If only this film had gone completely to the dog
Every now and then, a movie comes along and presents the debut of a performer so gifted, so startlingly vivid, that you can't help but sit...
Seattle Times movie critic
Every now and then, a movie comes along and presents the debut of a performer so gifted, so startlingly vivid, that you can't help but sit up straighter in your seat, staring in amazement at the screen, scanning the end credits for the name of this talented star-in-the-making. In "Undiscovered," that performer is Tyson the Skateboarding Bulldog, playing the role of Tyson, the lead actor's pet dog.
He's a rather squat canine who, as his moniker indicates, rides a skateboard all by himself, using his stubby little legs to gather speed, then standing majestically on the vehicle as it glides down the street.
Tyson does this in an almost offhand manner, with the coolness of a young James Dean, if Dean were a chunky bulldog with his tongue hanging out. It's a pleasure to watch, and an indication of a young performer (well, I'm guessing he's young — it's kind of hard to tell with dogs) with a bright future ahead of him.
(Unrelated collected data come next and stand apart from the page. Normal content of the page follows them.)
-- ===== src/StringProcessor/Words.antt =====
-- reverse_token and reverse_string_words, against a description of the text that they make.
use embedded_basecamp.Prelude.{
  ℕ, suc, ◌+◌, ◌≤◌, ◌≡◌, refl, ap, sym, ◌∙◌, true, false, some, List, [], ◌∷◌, ◌++◌, arith, length,
  get_elem?, map, ltb, ◌==◌, Bool-cases, Option-cases, inl, inr, append_assoc, append-nil,
  length-append, reverse, reverse-cons, reverse-reverse,
}
use embedded_basecamp.Bytes.{write_at, write_all, laid, write_at-laid, write_all-laid}
use embedded_basecamp.StringProcessor.{buffer_size}
use embedded_basecamp.StringProcessor.Convert.{
  reverse_token_in, reverse_token, push, space, tokens, reverse_tokens, reverse_source,
}

-- Words with a space between each two.
abbrev pub joined : List (List ℕ) → List ℕ
joined [] = []
joined (w ∷ []) = w
joined (w ∷ v ∷ ws) = w ++ space ∷ joined (v ∷ ws)

-- Each word the other way round, the spaces in place.
abbrev pub flipped : List ℕ → List ℕ
flipped s = joined (map reverse (tokens s))

pub get_elem-append : (xs ys : List ℕ) (z : ℕ) → get_elem? (xs ++ z ∷ ys) (length xs) ≡ some z
get_elem-append [] ys z = refl
get_elem-append (x ∷ xs) ys z = get_elem-append xs ys z

pub length-reverse : (xs : List ℕ) → length (reverse xs) ≡ length xs
length-reverse [] = refl
length-reverse (x ∷ xs) =
    rw (reverse-cons x xs) (omega (arith, length-append (reverse xs) (x ∷ []), length-reverse xs))

-- The loop writes the source from its last byte to its first.
reverse_token_in-reverse :
    (zs ys : List ℕ) (i pos : ℕ) (b : List ℕ)
    → reverse_token_in (length zs) i (reverse zs ++ ys) pos b ≡ write_all zs (pos + i) b
unfolding reverse_token_in write_all
reverse_token_in-reverse [] ys i pos b = refl
reverse_token_in-reverse (z ∷ zs) ys i pos b =
    let here : get_elem? (reverse zs ++ z ∷ ys) (length zs) ≡ some z =
      rw (← length-reverse zs) (get_elem-append (reverse zs) ys z) in
    let next : pos + i + 1 ≡ pos + (i + 1) = omega arith in
    rw (reverse-cons z zs, append_assoc (reverse zs) (z ∷ []) ys, here, next)
      (elim (Option-cases (write_at b (pos + i) z)) [
        | inl h ↦ rw h refl
        | inr (b', h) ↦ rw h (reverse_token_in-reverse zs (z ∷ ys) (i + 1) pos b')
      ])

reverse_token-write_all :
    (t : List ℕ) (pos : ℕ) (b : List ℕ) → reverse_token t pos b ≡ write_all (reverse t) pos b
unfolding reverse_token
reverse_token-write_all t pos b =
    let whole : reverse (reverse t) ++ [] ≡ t =
      append-nil (reverse (reverse t)) ∙ reverse-reverse t in
    let here : pos + 0 ≡ pos = omega arith in
    let run = reverse_token_in-reverse (reverse t) [] 0 pos b in
    rw (whole, length-reverse t, here) at run

-- Each word the other way round, with a space behind it.
abbrev pub spaced : List (List ℕ) → List ℕ
spaced [] = []
spaced (t ∷ ts) = reverse t ++ space ∷ spaced ts

-- The loop lays these bytes one after the other.
pub reverse_tokens-laid :
    (ts : List (List ℕ)) (xs b : List ℕ)
    → length xs + length (spaced ts) ≤ length b
    → reverse_tokens ts (length xs) (laid xs b) ≡ some (laid (xs ++ spaced ts) b)
unfolding reverse_tokens
reverse_tokens-laid [] xs b h = rw (append-nil xs) refl
reverse_tokens-laid (t ∷ ts) xs b h =
    let n = length-append (reverse t) (space ∷ spaced ts) in
    let ys = xs ++ reverse t in
    let at : length xs + length t ≡ length ys =
      omega (arith, length-append xs (reverse t), length-reverse t) in
    let zs = ys ++ space ∷ [] in
    let at' : length ys + 1 ≡ length zs = omega (arith, length-append ys (space ∷ [])) in
    let fits : suc (length ys) ≤ length b =
      omega (arith, length-append xs (reverse t), length-reverse t) in
    let token =
      reverse_token-write_all t (length xs) (laid xs b)
      ∙ write_all-laid (reverse t) xs b (omega arith) in
    rw (token, at, write_at-laid ys b space fits, at')
      (reverse_tokens-laid ts zs b
          (omega (arith, length-append xs (reverse t), length-append ys (space ∷ [])))
        ∙ ap (λ cs. some (laid cs b))
            (append_assoc ys (space ∷ []) (spaced ts)
              ∙ append_assoc xs (reverse t) (space ∷ spaced ts)))

pub tokens-cons : (s : List ℕ) → (t : List ℕ) × (ts : List (List ℕ)) × (tokens s ≡ t ∷ ts)
unfolding tokens
tokens-cons [] = ([], [], refl)
tokens-cons (c ∷ s) =
    let (t, ts, eq) = tokens-cons s in
    elim (Bool-cases (c == space)) [
      | inl h ↦ ([], tokens s, rw h refl)
      | inr h ↦ (c ∷ t, ts, rw (h, eq) refl)
    ]

joined-push :
    (c : ℕ) (t : List ℕ) (ts : List (List ℕ)) → joined (push c (t ∷ ts)) ≡ c ∷ joined (t ∷ ts)
joined-push c t [] = refl
joined-push c t (v ∷ ts) = refl

pub joined-tokens : (s : List ℕ) → joined (tokens s) ≡ s
unfolding tokens
joined-tokens [] = refl
joined-tokens (c ∷ s) =
    let (t, ts, eq) = tokens-cons s in
    let rest : joined (t ∷ ts) ≡ s = rw eq at (joined-tokens s) in
    elim (Bool-cases (c == space)) [
      | inl h ↦
          let is : c ≡ space = ground arith in rw (h, eq) (ap (λ cs. space ∷ cs) rest ∙ rw is refl)
      | inr h ↦ rw (h, eq) (joined-push c t ts ∙ ap (λ cs. c ∷ cs) rest)
    ]

spaced-joined :
    (t : List ℕ) (ts : List (List ℕ))
    → spaced (t ∷ ts) ≡ joined (map reverse (t ∷ ts)) ++ space ∷ []
spaced-joined t [] = refl
spaced-joined t (v ∷ ts) =
    rw (spaced-joined v ts)
      (sym (append_assoc (reverse t) (space ∷ joined (map reverse (v ∷ ts))) _))

length-joined :
    (t : List ℕ) (ts : List (List ℕ))
    → length (joined (map reverse (t ∷ ts))) ≡ length (joined (t ∷ ts))
length-joined t [] = length-reverse t
length-joined t (v ∷ ts) = omega (
  arith,
  length-append (reverse t) (space ∷ joined (map reverse (v ∷ ts))),
  length-append t (space ∷ joined (v ∷ ts)),
  length-reverse t,
  length-joined v ts,
)

pub length-flipped : (s : List ℕ) → length (flipped s) ≡ length s
length-flipped s =
    let (t, ts, eq) = tokens-cons s in
    rw eq (length-joined t ts) ∙ ap length (rw eq at (joined-tokens s))

pub spaced-flipped : (s : List ℕ) → spaced (tokens s) ≡ flipped s ++ space ∷ []
spaced-flipped s = let (t, ts, eq) = tokens-cons s in rw eq (spaced-joined t ts)

-- On a string with room for it and two bytes more, the code writes the flipped string, a space and
-- a 0 over the front of the output.
pub reverse_source-flipped :
    (s b : List ℕ)
    → length s + 2 ≤ length b
    → length s + 1 ≤ buffer_size
    → reverse_source true s b ≡ some (laid (flipped s ++ space ∷ 0 ∷ []) b)
reverse_source-flipped s b h k =
    let ys = flipped s ++ space ∷ [] in
    let n : length ys ≡ length s + 1 =
      omega (arith, length-append (flipped s) (space ∷ []), length-flipped s) in
    let m : length (spaced (tokens s)) ≡ length s + 1 = rw (spaced-flipped s) n in
    let run : reverse_tokens (tokens s) 0 b ≡ some (laid ys b) =
      reverse_tokens-laid (tokens s) [] b (omega arith) ∙ rw (spaced-flipped s) refl in
    let small : ltb buffer_size (length s + 1) ≡ false = ground arith in
    rw (small, run, ← n, write_at-laid ys b 0 (omega arith))
      (rw (append_assoc (flipped s) (space ∷ []) (0 ∷ [])) refl)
The rest of the movie? Oh, you would have to go and ask me, wouldn't you, and ruin my good mood. "Undiscovered," directed by Meiert Avis (who's mostly known for commercials and music videos), might be tolerable for teenagers, but the rest of us should steer clear. It's a romantic comedy about two young people named Luke Falcon (Steven Strait) and Brier Tucket (Pell James) — and those names should give you your first hint of what kind of movie this is. It's contrived, cutesy and quickly tiresome.
Luke is a musician and Brier is a model, and they meet accidentally in New York on the subway, and then meet accidentally again, almost immediately, in Los Angeles, because apparently they're the only two people in the world. They're attracted to each other, but she sort of has a boyfriend, and the story dithers about for 97 very long minutes.
During this time, we meet various other nice-looking twentysomethings in L.A., including the actress Clea (played by a twitchy Ashlee Simpson, who apparently has a great deal to learn about the power of stillness); Luke's brother Euan (Kip Pardue); a random Brazilian supermodel (Shannyn Sossamon); and a bunch of extra-bitchy acting students from Clea's class. None hold any interest.
Avis shoots it all as if it's a music video (and toward the end, as Simpson sings the song "Undiscovered," it actually becomes one) or as if wiggly handheld shots or merry-go-round-swirling cameras can give the material more importance than it's earned. Unfortunately, it can't. But did I mention that dog?